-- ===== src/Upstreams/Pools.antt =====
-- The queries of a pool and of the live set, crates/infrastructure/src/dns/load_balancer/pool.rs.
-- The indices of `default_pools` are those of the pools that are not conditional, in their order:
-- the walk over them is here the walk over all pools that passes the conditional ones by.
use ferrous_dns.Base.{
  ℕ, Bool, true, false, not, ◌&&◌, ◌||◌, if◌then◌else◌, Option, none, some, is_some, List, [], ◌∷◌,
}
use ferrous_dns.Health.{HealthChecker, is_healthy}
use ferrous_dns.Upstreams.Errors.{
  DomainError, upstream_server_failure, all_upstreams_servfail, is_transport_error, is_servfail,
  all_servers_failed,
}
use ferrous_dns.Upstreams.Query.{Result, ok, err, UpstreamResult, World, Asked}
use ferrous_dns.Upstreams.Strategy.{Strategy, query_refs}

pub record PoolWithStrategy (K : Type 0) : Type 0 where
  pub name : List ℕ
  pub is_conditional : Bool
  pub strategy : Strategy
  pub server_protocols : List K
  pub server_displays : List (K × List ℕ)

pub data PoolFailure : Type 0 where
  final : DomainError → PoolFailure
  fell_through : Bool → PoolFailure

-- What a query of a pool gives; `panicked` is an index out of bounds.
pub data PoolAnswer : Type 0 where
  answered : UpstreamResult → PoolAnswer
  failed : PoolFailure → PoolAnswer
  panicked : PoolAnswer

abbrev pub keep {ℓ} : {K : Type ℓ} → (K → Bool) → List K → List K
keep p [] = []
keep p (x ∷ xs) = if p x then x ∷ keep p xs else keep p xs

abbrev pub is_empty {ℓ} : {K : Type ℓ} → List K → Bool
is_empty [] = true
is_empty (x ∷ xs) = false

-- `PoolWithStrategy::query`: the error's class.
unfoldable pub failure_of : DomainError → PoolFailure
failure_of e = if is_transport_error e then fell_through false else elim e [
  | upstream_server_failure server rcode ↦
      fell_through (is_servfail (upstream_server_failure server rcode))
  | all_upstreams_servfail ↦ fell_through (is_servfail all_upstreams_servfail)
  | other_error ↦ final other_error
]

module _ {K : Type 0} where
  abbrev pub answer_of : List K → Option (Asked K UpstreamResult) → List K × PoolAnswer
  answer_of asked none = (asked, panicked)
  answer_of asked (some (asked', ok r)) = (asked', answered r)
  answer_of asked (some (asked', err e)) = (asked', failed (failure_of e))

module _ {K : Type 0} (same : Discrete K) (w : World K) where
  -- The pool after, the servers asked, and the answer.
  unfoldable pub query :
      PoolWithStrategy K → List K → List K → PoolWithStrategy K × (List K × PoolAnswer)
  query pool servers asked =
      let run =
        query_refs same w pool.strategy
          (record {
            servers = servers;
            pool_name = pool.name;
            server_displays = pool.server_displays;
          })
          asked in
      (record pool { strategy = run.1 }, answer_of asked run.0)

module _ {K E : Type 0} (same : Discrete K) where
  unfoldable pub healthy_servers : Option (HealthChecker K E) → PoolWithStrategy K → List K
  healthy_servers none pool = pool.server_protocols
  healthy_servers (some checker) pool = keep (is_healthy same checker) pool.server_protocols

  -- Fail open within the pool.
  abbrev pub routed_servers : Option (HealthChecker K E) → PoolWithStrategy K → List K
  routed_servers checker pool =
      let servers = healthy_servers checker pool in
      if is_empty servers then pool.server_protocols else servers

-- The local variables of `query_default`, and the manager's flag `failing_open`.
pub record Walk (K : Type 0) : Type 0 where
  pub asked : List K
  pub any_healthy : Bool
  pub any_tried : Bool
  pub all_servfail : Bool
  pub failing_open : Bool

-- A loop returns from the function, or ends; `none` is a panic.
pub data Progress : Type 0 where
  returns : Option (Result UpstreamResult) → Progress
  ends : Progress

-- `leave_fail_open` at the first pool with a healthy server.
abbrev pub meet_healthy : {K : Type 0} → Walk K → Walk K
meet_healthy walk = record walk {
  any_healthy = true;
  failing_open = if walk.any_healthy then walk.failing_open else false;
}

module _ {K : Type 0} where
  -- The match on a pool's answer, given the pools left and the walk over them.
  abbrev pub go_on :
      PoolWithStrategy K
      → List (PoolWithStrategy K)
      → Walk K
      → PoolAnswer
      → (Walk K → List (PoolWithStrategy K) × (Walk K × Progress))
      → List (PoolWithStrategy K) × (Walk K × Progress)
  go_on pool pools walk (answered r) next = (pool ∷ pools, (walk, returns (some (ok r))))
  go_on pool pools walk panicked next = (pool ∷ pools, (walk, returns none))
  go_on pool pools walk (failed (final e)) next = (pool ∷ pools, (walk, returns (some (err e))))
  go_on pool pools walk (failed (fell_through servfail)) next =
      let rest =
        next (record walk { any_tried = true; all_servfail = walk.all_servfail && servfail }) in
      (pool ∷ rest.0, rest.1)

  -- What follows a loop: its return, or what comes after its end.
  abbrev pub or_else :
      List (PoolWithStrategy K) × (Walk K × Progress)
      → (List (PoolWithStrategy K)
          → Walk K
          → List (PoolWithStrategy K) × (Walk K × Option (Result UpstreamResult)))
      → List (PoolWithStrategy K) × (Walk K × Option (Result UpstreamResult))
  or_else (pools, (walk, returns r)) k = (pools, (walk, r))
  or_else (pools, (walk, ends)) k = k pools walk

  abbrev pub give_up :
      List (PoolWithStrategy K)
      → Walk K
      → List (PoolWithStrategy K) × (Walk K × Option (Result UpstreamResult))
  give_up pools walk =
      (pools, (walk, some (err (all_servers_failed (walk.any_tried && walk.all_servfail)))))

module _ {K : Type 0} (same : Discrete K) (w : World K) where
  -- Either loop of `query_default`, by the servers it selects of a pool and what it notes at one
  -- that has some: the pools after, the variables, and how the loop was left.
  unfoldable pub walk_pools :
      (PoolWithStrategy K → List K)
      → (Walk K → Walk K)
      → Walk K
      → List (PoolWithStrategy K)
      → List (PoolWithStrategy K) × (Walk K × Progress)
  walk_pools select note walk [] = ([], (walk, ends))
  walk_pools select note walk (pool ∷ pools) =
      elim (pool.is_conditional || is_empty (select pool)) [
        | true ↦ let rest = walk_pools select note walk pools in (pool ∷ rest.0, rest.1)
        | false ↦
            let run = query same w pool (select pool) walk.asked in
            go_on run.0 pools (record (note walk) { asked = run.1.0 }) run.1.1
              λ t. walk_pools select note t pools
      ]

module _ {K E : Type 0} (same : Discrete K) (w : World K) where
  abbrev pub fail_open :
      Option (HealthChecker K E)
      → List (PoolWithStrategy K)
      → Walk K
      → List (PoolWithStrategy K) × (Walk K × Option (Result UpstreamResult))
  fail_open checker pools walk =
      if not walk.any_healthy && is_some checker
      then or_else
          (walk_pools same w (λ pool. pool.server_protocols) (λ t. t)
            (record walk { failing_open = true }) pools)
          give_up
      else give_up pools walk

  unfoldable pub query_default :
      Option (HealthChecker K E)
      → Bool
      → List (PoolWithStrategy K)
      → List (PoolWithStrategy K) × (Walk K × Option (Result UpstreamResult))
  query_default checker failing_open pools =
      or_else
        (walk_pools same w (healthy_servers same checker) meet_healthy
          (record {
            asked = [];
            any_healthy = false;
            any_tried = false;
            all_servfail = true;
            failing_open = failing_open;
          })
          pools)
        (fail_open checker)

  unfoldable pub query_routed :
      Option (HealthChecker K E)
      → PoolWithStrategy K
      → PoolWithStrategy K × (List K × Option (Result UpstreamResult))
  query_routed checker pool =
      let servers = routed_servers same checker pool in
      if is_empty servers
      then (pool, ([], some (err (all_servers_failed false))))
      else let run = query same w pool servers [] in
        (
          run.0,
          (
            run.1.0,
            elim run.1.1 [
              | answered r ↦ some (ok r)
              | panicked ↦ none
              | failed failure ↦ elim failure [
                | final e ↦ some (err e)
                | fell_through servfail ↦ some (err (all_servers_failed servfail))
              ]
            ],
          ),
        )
_ _ _ _
EXERCISE =
Search the records for the word "elim", then list every line that has it.

TASK RESULT =
failure_of e = if is_transport_error e then fell_through false else elim e [
      elim (pool.is_conditional || is_empty (select pool)) [
            elim run.1.1 [
              | failed failure ↦ elim failure [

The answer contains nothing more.